The recent climate and energy targets of the EU “clean energy for all” package for the year 2030 are set to reduce GHG emissions, increase the share of renewables within the EU energy mix, and increase energy efficiency and lower demand across the energy sector. This study investigates how the current EU climate and energy policy supports high-temperature geothermal utilization in future energy systems by comparing life cycle assessment results to the 2030 targets. The methodology of life cycle assessment (LCA) was applied to a case study of a state-of-the-art, high-temperature geothermal combined heat and power plant located in Iceland. LCA provides a holistic approach to analyzing various environmental impacts, including GHG emissions and primary energy demand, which serve as a basis for the EU targets. Detailed life cycle inventory (LCI) data was collected for the study since such data is not readily available in LCA literature or databases for geothermal applications. Furthermore, different allocation methods used to divide the environmental impacts between heat and electricity were tested to observe their impacts on the overall results.

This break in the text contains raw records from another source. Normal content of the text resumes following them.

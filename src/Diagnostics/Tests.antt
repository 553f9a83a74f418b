-- ===== src/Diagnostics/Tests.antt =====
-- A hang, a crash and a sample of three threads.
use hybrid_heaven_recomp.Prelude.{
  ℕ, ◌%◌, ◌^◌, ◌≡◌, refl, true, false, Option, none, some, List, [], ◌∷◌, ◌++◌, ltb, if◌then◌else◌,
  update, arith,
}
use hybrid_heaven_recomp.Diagnostics.Hang.{
  Watch, watch_for_hang, watch_done, lost, blind, address, report_hang, collect, see, is_seen,
}
use hybrid_heaven_recomp.Diagnostics.Crash.{
  access, access_violation, stack_overflow, writing, scan_stack, return_addresses,
}
use hybrid_heaven_recomp.Diagnostics.Watching.{looks, AllBefore, watch_for_hang-looks}
use hybrid_heaven_recomp.Diagnostics.Sampler.{
  Thread, Snapshot, start_sampler, report_samples, report_table, by_count, insert_count,
}
use hybrid_heaven_recomp.Diagnostics.Tally.{Tallies}
use hybrid_heaven_recomp.Diagnostics.Counted.{sample_rounds, report_samples-Tallies}

abbrev unwatched : Watch
unwatched = record {
  deadline = 0;
  what = none;
  seconds = 0;
  target = 0;
  known = λ thread. false;
  running = false;
}

abbrev audio_name : List ℕ
audio_name = b'a' ∷ b's' ∷ b'p' ∷ []

abbrev watched_audio : Watch
watched_audio = watch_for_hang 7 (some 42) 1000 audio_name 5 unwatched

watch_for_hang-looks_example :
    ((looks ((1100 ∷ 5900 ∷ []) ++ 6050 ∷ 6150 ∷ []) watched_audio).1
      ≡ record { thread = watched_audio.target; what = audio_name; seconds = 5 } ∷ [])
    × ((looks (1100 ∷ 5900 ∷ []) watched_audio).1 ≡ [])
    × ((looks (6150 ∷ []) (watch_done (looks (1100 ∷ 5900 ∷ []) watched_audio).0)).1 ≡ [])
    × (watched_audio.running ≡ true)
    × (watched_audio.target ≡ 42)
unfolding AllBefore
watch_for_hang-looks_example =
    watch_for_hang-looks 7 42 1000 audio_name 5 unwatched (1100 ∷ 5900 ∷ []) 6050 (6150 ∷ [])
      (omega arith) (omega arith, (omega arith, tt)) (omega arith)

loop_body :
    report_hang (address 16 ∷ address 24 ∷ blind ∷ address 16 ∷ address 0 ∷ lost ∷ address 32 ∷ [])
    ≡ 16 ∷ 24 ∷ []
unfolding report_hang collect see is_seen
loop_body = refl

fault :
    (access access_violation (1 ∷ 0x8000 ∷ []) ≡ some (writing, 0x8000))
    × (access stack_overflow (1 ∷ 0x8000 ∷ []) ≡ none)
unfolding access
fault = (refl, refl)

-- Two of the four words on the stack lie in a module.
scanned :
    return_addresses
      (update (update (λ slot. 0) 0x1008 0x40_0000) 0x1018 0x40_0010)
      0x1020
      (λ value. true)
      0x1000
    ≡ 0x40_0000 ∷ 0x40_0010 ∷ []
unfolding return_addresses scan_stack
scanned = refl

abbrev thread_at : ℕ → Option (ℕ × ℕ) → Thread
thread_at id context = record {
  owner_process = 1;
  id = id;
  opens = true;
  suspends = true;
  context = context;
}

-- The sampler's own thread, one in the main module, one in another, and one without a context.
abbrev four_threads : Snapshot
four_threads = record {
  threads = some (
      thread_at 9 (some (0x40_0000, 0))
      ∷ thread_at 2 (some (0x40_0010, 0))
      ∷ thread_at 3 (some (0x100, 0x1000))
      ∷ thread_at 4 none
      ∷ []);
  owner = λ addr. if ltb addr 0x40_0000 then none else some 0x40_0000;
  committed = λ addr. none;
  stack = λ addr. 0;
}

report_samples-Tallies_example :
    let r =
      report_samples
        (sample_rounds 9 1 0x40_0000 (four_threads ∷ four_threads ∷ []) start_sampler) in
    (e : ℕ) × (p : ℕ) × Tallies 9 1 0x40_0000 (four_threads ∷ four_threads ∷ []) e p
    × (r.running ≡ e % 2 ^ 64)
    × (r.parked ≡ p % 2 ^ 64)
    × (r.rounds ≡ 2 % 2 ^ 64)
report_samples-Tallies_example =
    report_samples-Tallies 9 1 0x40_0000 (four_threads ∷ four_threads ∷ [])

-- The largest counters stand first.
top_two : report_table ((16, 1) ∷ (24, 5) ∷ (32, 3) ∷ []) 2 ≡ (24, 5) ∷ (32, 3) ∷ []
unfolding report_table by_count insert_count
top_two = refl
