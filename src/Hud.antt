-- ===== src/Hud.antt =====
-- src/hudrewrite.cpp and include/hh/hudid.h: the copy of a display list into scratch memory, with
-- RT64's extended commands around the classified elements of the HUD. The trace is not modelled.
pub mod Memory
pub mod Identity
pub mod Gbi
pub mod Writer
pub mod Copy
pub mod Rewrite
mod Tests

The overall results showed that life cycle GHG emissions of high-temperature geothermal utilization are comparable to other renewable energy technologies and thus can contribute significantly to lowering emissions associated with energy use by replacing fossil fuels. However, due to the low thermal efficiency of electricity generation from geothermal, its increased use does not result in the desired increased energy efficiency, as measured by the EU targets in terms of primary energy demand, when added or replacing older technologies in the current energy system. However, the study results suggest that emphasis could instead be put on the non-renewable primary energy demand to ensure that renewable technologies such as geothermal utilization do not contradict the EU energy efficiency target. The study also identifies H2S emissions as a hotspot for high-temperature geothermal utilization as the gas contributes to acidification and human toxicity potentials. The results suggest that a barrier exists in current EU policy that may hinder geothermal energy from becoming one of the desired solutions to reach the 2030 climate and energy targets.

About the doctoral candidate:

Marta Rós Karlsdóttir was born in 1982. She graduated with a BS degree in Mechanical Engineering from the University of Iceland (UoI) in 2007, where a part of her studies was fulfilled at Norwegian University of Science and Technology (NTNU). In 2008, she graduated with a MS degree in Mechanical Engineering from the UoI, with focus on geothermal utilization. Parallel to her studies, Marta has held the position of managing director of natural resources at ON Power, been a part time lecturer at UoI and a guest lecturer in life cycle assessment, renewable energies and geothermal utilization. Her parents are Gunnjóna Sigrún Jensdóttir, registered nurse, and Karl Laxdal Snorrason, MS in network engineering. She lives with her spouse, Björgvin Lúther Sigurðarson, and their children in Reykjavík, Iceland.